## Exercise 3.13 Posterior predictive distribution for a batch of data with the dirichlet-multinomial model
In Equation 3.51, we gave the the posterior predictive distribution for a single multinomial trial using a dirichlet prior. Now consider predicting a batch of new data, $D = (X_1,\dots,X_m)$, consisting of $m$ single multinomial trials (think of predicting the next m words in a sentence, assuming they are drawn iid). Derive an expression for $p(\tilde{D}|D, α)$.

Your answer should be a function of $\alpha$, and the old and new counts (sufficient statistics), defined as 

\begin{aligned}
N^{\mathrm{old}}_k & = \sum_{i\in D}I(x_i=k)\\
N^{\mathrm{new}}_k & = \sum_{i\in\tilde{D}}I(x_i = k)
\end{aligned}

Hint: recall that, for a vector of counts, $N_{1:K}$, the marginal likelihood (evidence) is given by

$$
p(D|\alpha) = \frac{\Gamma(\alpha)}{\Gamma(N+\alpha)}\prod_k\frac{\Gamma(N_k+a_k)}{\Gamma(\alpha_k)}
$$
where $\alpha = \sum_k\alpha_k$ and $N =\sum_kN_k$.

### Solution
In this question, we will calculate the posterior predictive for a batch of data, using the Dirichlet-multinomial model. This is a straightforward math question, that will follow the same pattern as the previous posterior predictives as we saw before. Nevertheless, there is easier and hard ways to arrive at the results. We will see two easy ways to arrive at the final expression.

\begin{aligned}
N & = N^{\mathrm{old}} + N^{\mathrm{new}} \\
N_j & = N_j^{\mathrm{old}} + N_j^{\mathrm{new}}
\end{aligned}

Let's start by writing down the posterior predictive for one single trial:

$$
p(X=j|D,\alpha) = \frac{a_j+N}{a+N}
$$

Now, we need to express the batch of data as a series of single trials:

$$
p(\tilde{D}|D, \alpha) = p(\tilde{x_1}|D)p(\tilde{x_2}|\{D, \tilde{x_1}\})p(\tilde{x_3}|\{D, \tilde{x_1}, \tilde{x_2}\})\ldots
$$

Now we just have to substitute (1) in (2), updating the number of empirical counts of the total amount and of the specific trial for each instance:

\begin{aligned}
p(\tilde{D}|D, \alpha) & = \frac{1}{\prod_{i=0}^{N-1}(\alpha+N^{\mathrm{old}}+i)}\prod_{j=1}^K\prod_{i=0}^{N_j^{new}-1}(\alpha_j + N_j^{old}+i) \\
& = \frac{\Gamma(\alpha + N^{old})}{\Gamma(\alpha+N)}\prod_{j=1}^K\frac{\Gamma(\alpha_j + N_j)}{\Gamma(\alpha_j + N_j^{old})}
\end{aligned}

### Second solution
The posterior distribution, given by the original dataset $D$, is given by

$$
p(\theta|D, \alpha) = \mathrm{Dir}(\theta|\alpha + N^{old})
$$

which has the same form as the prior.
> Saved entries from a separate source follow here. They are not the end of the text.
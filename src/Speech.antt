-- ===== src/Speech.antt =====
-- The planner that cuts the text of a reply into clauses to speak, while the text still comes:
-- SpeechPlanner of internal/voice/speech_planner.go.
pub mod Boundary
pub mod Clause
pub mod Cut
pub mod Segment
pub mod Advance
pub mod Drain
pub mod Reply
pub mod Spoken
pub mod Tail
pub mod Final
pub mod Prompt
pub mod Synthesis
pub mod Queue
pub mod Channels
pub mod Start
mod Tests
mod RunTests
use agent_server.Prelude.{
  ℕ, zero, suc, ◌+◌, Bool, true, false, not, List, [], ◌∷◌, ◌++◌, map, if◌then◌else◌, length,
  is_empty, Option, none, some, ◌==◌, ◌≡◌, refl, drop, pos,
}
use agent_server.Text.{Text, trim_space, codes}
use Boundary.{SpeechPlannerConfig, normalize_speech_planner_config}
use Clause.{
  SpeechClauseBoundaryKind, final_flush, PlannedSpeechClause, next_planned_speech_clause,
  classify_planned_speech_clause,
}

pub record SpeechPlanner : Type 0 where
  pub cfg : SpeechPlannerConfig
  pub observed : Text
  pub pending : Text
  pub next_clause_index : ℕ

unfoldable pub new_speech_planner : SpeechPlannerConfig → SpeechPlanner
unfolding normalize_speech_planner_config
new_speech_planner cfg = record {
  cfg = normalize_speech_planner_config cfg;
  observed = [];
  pending = [];
  next_clause_index = 0;
}

-- The text that waits, the index of the next clause, and the clauses so far.
pub record Drained : Type 0 where
  pub pending : Text
  pub next_clause_index : ℕ
  pub clauses : List PlannedSpeechClause

-- The `for` loop of drainClauses, on fuel: `none` if it runs out.
unfoldable pub drain_loop :
    SpeechPlannerConfig → Bool → ℕ → Text → ℕ → List PlannedSpeechClause → Option Drained
drain_loop cfg flush zero pending index clauses = none
drain_loop cfg flush (suc fuel) pending index clauses =
    let next = next_planned_speech_clause cfg flush (not flush) index pending in
    let more = drain_loop cfg flush fuel next.1 (index + 1) (clauses ++ next.0 ∷ []) in
    if is_empty (trim_space (next.0).text)
    then some (record { pending = pending; next_clause_index = index; clauses = clauses })
    else if is_empty next.1
    then some
        (record { pending = []; next_clause_index = index + 1; clauses = clauses ++ next.0 ∷ [] })
    else more

abbrev pub Planned : Type 0
Planned = SpeechPlanner × List PlannedSpeechClause

abbrev pub keep_drained : SpeechPlanner → Option Drained → Option Planned
keep_drained p none = none
keep_drained p (some d) =
    some (record p { pending = d.pending; next_clause_index = d.next_clause_index }, d.clauses)

-- A round takes a rune of the text that waits, or ends the loop: a round for each and one more are
-- enough.
unfoldable pub drain_clauses : Bool → SpeechPlanner → Option Planned
drain_clauses flush p =
    let pending = trim_space p.pending in
    if is_empty pending
    then some (record p { pending = [] }, [])
    else keep_drained p
        (drain_loop p.cfg flush (suc (length pending)) pending p.next_clause_index [])

unfoldable pub observe_text_delta_clauses : Text → SpeechPlanner → Option Planned
observe_text_delta_clauses text p =
    if is_empty (trim_space text)
    then some (p, [])
    else drain_clauses false
        (record p { observed = p.observed ++ text; pending = p.pending ++ text })

-- How many runes the two texts begin with in common.
unfoldable pub common_length : Text → Text → ℕ
common_length [] final = 0
common_length (c ∷ observed) [] = 0
common_length (c ∷ observed) (d ∷ final) =
    let more = common_length observed final in if c == d then suc more else 0

unfoldable pub planner_remaining_tail : Text → Text → Text
planner_remaining_tail observed final =
    if is_empty (trim_space final)
    then []
    else if is_empty observed
    then final
    else drop (common_length observed final) final

unfoldable pub next_clause :
    Text → SpeechClauseBoundaryKind → Bool → SpeechPlanner → SpeechPlanner × PlannedSpeechClause
unfolding classify_planned_speech_clause
next_clause text boundary can_start p = (
  record p { next_clause_index = p.next_clause_index + 1 },
  record (classify_planned_speech_clause text boundary can_start) { index = p.next_clause_index },
)

-- What finalising does once the loop is done: a rest becomes the last clause.
unfoldable pub flush_rest : Planned → Planned
flush_rest (p, clauses) =
    let remaining = trim_space p.pending in
    let (p', clause) = next_clause remaining final_flush false p in
    if is_empty remaining
    then (record p { pending = [] }, clauses)
    else (record p' { pending = [] }, clauses ++ clause ∷ [])

abbrev pub map_planned : (Planned → Planned) → Option Planned → Option Planned
map_planned f none = none
map_planned f (some r) = some (f r)

unfoldable pub finalize_text_clauses : Text → SpeechPlanner → Option Planned
finalize_text_clauses text p =
    let tail = planner_remaining_tail p.observed text in
    map_planned flush_rest (
      drain_clauses true (
        if is_empty (trim_space tail)
        then p
        else record p { observed = p.observed ++ tail; pending = p.pending ++ tail }))

-- The trimmed texts of the clauses, the blank ones left out.
unfoldable pub planned_speech_clause_texts : List PlannedSpeechClause → List Text
unfolding trim_space
planned_speech_clause_texts [] = []
planned_speech_clause_texts (c ∷ clauses) =
    let texts = planned_speech_clause_texts clauses in
    if is_empty (trim_space c.text) then texts else trim_space c.text ∷ texts

-- The deltas of a reply one after another, and then its final text: the clauses are handed on as they
-- come (ObserveDelta and Finalize of plannedSpeechSynthesis).
abbrev pub and_then :
    List PlannedSpeechClause → (Planned → Option Planned) → Option Planned → Option Planned
and_then clauses f none = none
and_then clauses f (some (p, new)) = f (p, clauses ++ new)

unfoldable pub observe_deltas : List Text → Planned → Option Planned
observe_deltas [] r = some r
observe_deltas (text ∷ deltas) (p, clauses) =
    and_then clauses (observe_deltas deltas) (observe_text_delta_clauses text p)

unfoldable pub speak_reply : SpeechPlannerConfig → List Text → Text → Option Planned
speak_reply cfg deltas final =
    and_then [] (λ r. and_then r.1 (λ w. some w) (finalize_text_clauses final r.0))
      (observe_deltas deltas (new_speech_planner cfg, []))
So, we may think of the posterior as a prior with updated hyperparameters ($\alpha_j^{new} = N_j^{old} + \alpha_j$).

Now, we can use the marginal likelihood expression given by the author, using the new dataset $\tilde{D}$ as input and the new hyperparameters as the parameter:

\begin{aligned}
p(\tilde{D}|\alpha^{new}) & = \frac{\Gamma(\alpha^{new})}{\Gamma(N^{new}+\alpha^{new})}\prod_j\frac{\Gamma(N_j^{new} + \alpha_j^{new})}{\Gamma(\alpha_j^{new})}\\
& = \frac{\Gamma(N^{old}+\alpha)}{\Gamma(N^{new} + N^{old} + \alpha)}\prod_j\frac{\Gamma(N_j^{new} + N_j^{old} + \alpha_j)}{\Gamma(N_j^{old}+\alpha_j)}\\
& = \frac{\Gamma(\alpha + N^{old})}{\Gamma(\alpha + N)}\prod_{j=1}^K\frac{\Gamma(\alpha_j + N_j)}{\Gamma(\alpha_j + N_j^{old})}
\end{aligned}

In this question we derived the expression for the posterior predictive of a batch of data using the Dirichlet multinomial model. The second one used updated hyperparameters together with the expression for the marginal likelihood.